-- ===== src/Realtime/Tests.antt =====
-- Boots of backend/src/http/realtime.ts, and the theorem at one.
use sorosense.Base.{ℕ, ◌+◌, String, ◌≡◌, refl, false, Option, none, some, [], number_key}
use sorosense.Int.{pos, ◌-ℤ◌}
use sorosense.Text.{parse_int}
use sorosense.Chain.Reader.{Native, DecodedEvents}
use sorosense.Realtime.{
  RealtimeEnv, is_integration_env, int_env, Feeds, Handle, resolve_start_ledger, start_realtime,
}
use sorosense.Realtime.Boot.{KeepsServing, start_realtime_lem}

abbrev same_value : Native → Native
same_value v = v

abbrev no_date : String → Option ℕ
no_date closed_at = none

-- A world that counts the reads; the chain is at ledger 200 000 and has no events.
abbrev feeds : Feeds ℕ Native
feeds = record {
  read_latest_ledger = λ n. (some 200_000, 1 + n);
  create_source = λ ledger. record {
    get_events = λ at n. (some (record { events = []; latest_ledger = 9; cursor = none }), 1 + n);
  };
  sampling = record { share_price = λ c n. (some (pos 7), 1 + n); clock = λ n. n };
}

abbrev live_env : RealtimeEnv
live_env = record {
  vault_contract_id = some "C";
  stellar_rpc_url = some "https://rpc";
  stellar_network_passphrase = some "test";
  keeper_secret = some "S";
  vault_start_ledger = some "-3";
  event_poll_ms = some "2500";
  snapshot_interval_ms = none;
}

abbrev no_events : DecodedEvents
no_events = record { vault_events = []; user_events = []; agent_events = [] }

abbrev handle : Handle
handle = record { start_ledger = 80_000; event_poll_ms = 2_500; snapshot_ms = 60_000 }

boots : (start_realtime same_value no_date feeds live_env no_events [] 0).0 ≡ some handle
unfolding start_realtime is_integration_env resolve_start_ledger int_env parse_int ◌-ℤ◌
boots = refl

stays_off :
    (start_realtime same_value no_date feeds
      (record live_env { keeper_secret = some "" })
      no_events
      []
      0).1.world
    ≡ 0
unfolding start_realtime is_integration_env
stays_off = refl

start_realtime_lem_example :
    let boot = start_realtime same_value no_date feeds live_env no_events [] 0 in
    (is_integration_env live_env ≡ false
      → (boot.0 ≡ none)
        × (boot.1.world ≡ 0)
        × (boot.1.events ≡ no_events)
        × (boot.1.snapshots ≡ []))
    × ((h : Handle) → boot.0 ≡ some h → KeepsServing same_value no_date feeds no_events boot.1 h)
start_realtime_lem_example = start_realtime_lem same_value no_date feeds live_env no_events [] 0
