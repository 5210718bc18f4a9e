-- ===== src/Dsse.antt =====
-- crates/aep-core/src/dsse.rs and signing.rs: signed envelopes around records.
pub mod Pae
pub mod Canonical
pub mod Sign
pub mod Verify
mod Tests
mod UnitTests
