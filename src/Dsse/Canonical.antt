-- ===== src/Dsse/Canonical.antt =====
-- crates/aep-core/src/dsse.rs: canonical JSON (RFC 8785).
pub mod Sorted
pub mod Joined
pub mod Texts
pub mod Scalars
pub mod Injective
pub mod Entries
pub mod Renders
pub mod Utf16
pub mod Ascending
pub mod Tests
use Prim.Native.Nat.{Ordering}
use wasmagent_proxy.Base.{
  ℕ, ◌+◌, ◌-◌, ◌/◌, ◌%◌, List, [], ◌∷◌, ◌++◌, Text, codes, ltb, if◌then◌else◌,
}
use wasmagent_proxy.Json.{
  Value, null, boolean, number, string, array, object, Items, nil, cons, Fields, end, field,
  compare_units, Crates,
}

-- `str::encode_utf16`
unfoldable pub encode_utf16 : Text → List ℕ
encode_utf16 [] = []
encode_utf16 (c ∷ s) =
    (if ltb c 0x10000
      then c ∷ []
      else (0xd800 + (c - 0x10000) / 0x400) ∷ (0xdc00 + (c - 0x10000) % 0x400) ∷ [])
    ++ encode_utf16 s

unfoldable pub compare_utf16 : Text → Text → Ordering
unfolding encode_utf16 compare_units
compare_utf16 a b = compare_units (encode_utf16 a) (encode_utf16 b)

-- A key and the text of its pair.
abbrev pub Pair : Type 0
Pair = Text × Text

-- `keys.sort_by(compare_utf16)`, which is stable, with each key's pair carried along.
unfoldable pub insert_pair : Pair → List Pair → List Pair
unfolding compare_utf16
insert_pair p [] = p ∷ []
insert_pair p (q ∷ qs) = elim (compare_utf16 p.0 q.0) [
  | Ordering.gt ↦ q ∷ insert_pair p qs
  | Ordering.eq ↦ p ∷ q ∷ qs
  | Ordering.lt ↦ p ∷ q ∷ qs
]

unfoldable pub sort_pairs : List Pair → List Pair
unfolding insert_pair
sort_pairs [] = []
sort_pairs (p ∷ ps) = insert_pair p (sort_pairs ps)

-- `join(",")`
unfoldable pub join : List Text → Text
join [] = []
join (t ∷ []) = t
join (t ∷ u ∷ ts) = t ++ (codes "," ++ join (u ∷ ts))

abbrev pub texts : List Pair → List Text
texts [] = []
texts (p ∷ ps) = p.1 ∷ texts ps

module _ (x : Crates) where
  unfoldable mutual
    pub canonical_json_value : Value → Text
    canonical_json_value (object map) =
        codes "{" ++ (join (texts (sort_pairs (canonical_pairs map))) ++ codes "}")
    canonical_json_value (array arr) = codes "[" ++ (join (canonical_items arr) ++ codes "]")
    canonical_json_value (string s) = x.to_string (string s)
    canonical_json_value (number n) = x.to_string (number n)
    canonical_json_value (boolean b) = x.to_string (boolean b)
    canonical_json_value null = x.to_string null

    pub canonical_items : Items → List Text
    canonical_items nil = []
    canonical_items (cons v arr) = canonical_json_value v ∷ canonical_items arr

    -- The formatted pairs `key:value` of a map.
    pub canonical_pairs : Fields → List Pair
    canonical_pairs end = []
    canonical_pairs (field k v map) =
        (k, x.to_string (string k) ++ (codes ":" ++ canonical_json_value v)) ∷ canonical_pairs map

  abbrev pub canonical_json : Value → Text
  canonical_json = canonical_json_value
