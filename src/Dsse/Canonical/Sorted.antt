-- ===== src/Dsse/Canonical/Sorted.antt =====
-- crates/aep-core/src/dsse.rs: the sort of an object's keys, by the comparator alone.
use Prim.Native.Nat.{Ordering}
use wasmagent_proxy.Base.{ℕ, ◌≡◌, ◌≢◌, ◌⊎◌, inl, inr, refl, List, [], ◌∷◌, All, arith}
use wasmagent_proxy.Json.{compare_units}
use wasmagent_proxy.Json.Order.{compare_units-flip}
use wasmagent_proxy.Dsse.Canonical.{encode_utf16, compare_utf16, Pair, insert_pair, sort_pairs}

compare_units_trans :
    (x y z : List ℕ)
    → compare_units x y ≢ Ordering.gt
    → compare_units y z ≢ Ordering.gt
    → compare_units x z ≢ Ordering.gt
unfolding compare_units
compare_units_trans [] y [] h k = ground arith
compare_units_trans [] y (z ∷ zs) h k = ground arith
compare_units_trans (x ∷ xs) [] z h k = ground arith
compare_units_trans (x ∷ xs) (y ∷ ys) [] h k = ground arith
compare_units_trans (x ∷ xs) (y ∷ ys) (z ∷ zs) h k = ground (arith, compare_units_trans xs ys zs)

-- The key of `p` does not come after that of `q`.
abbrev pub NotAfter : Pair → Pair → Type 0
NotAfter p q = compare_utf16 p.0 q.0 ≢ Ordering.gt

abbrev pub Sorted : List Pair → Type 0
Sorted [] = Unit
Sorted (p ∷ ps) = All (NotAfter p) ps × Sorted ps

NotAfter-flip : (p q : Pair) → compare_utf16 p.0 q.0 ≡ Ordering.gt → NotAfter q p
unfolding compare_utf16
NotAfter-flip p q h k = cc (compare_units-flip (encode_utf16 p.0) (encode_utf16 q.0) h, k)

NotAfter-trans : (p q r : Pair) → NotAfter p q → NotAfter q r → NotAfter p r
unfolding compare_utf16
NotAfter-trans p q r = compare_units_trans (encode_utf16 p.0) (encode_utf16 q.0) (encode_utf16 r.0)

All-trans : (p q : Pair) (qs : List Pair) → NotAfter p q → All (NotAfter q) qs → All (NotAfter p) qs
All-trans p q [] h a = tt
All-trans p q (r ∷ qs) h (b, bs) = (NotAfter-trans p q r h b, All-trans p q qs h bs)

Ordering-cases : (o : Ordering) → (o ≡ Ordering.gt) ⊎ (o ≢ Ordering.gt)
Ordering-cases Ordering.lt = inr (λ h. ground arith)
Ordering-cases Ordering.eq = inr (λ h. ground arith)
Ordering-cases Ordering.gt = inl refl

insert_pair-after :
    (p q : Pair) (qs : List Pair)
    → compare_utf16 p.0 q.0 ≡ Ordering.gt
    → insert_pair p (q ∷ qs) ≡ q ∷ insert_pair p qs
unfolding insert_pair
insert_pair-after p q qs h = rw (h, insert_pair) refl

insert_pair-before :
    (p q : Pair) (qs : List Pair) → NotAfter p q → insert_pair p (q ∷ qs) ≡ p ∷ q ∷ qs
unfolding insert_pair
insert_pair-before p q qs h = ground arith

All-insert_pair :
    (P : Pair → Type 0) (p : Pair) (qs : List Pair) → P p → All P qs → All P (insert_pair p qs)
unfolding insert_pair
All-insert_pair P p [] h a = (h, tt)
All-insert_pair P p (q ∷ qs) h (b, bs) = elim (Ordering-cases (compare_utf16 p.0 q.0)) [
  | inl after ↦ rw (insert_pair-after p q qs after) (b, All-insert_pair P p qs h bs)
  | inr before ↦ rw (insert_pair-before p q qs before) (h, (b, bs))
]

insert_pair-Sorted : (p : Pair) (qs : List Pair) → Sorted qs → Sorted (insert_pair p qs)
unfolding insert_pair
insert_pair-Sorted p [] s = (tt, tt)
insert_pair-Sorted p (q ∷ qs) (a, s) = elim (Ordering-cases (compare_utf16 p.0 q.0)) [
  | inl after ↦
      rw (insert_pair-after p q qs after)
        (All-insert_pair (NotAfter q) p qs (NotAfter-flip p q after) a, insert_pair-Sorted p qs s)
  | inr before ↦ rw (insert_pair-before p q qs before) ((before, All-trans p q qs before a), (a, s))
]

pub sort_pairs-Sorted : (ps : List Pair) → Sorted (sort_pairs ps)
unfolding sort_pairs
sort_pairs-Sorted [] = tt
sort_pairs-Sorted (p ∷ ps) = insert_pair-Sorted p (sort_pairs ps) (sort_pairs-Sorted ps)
- - - - - - -
* Work request: Every line above from the line with "pub canonical_items : Items → List Text" to the line with "canonical_pairs (field k" is wanted, ends included; write them out exactly and add no other line.

* Result:
    pub canonical_items : Items → List Text
    canonical_items nil = []
    canonical_items (cons v arr) = canonical_json_value v ∷ canonical_items arr

    -- The formatted pairs `key:value` of a map.
    pub canonical_pairs : Fields → List Pair
    canonical_pairs end = []
    canonical_pairs (field k v map) =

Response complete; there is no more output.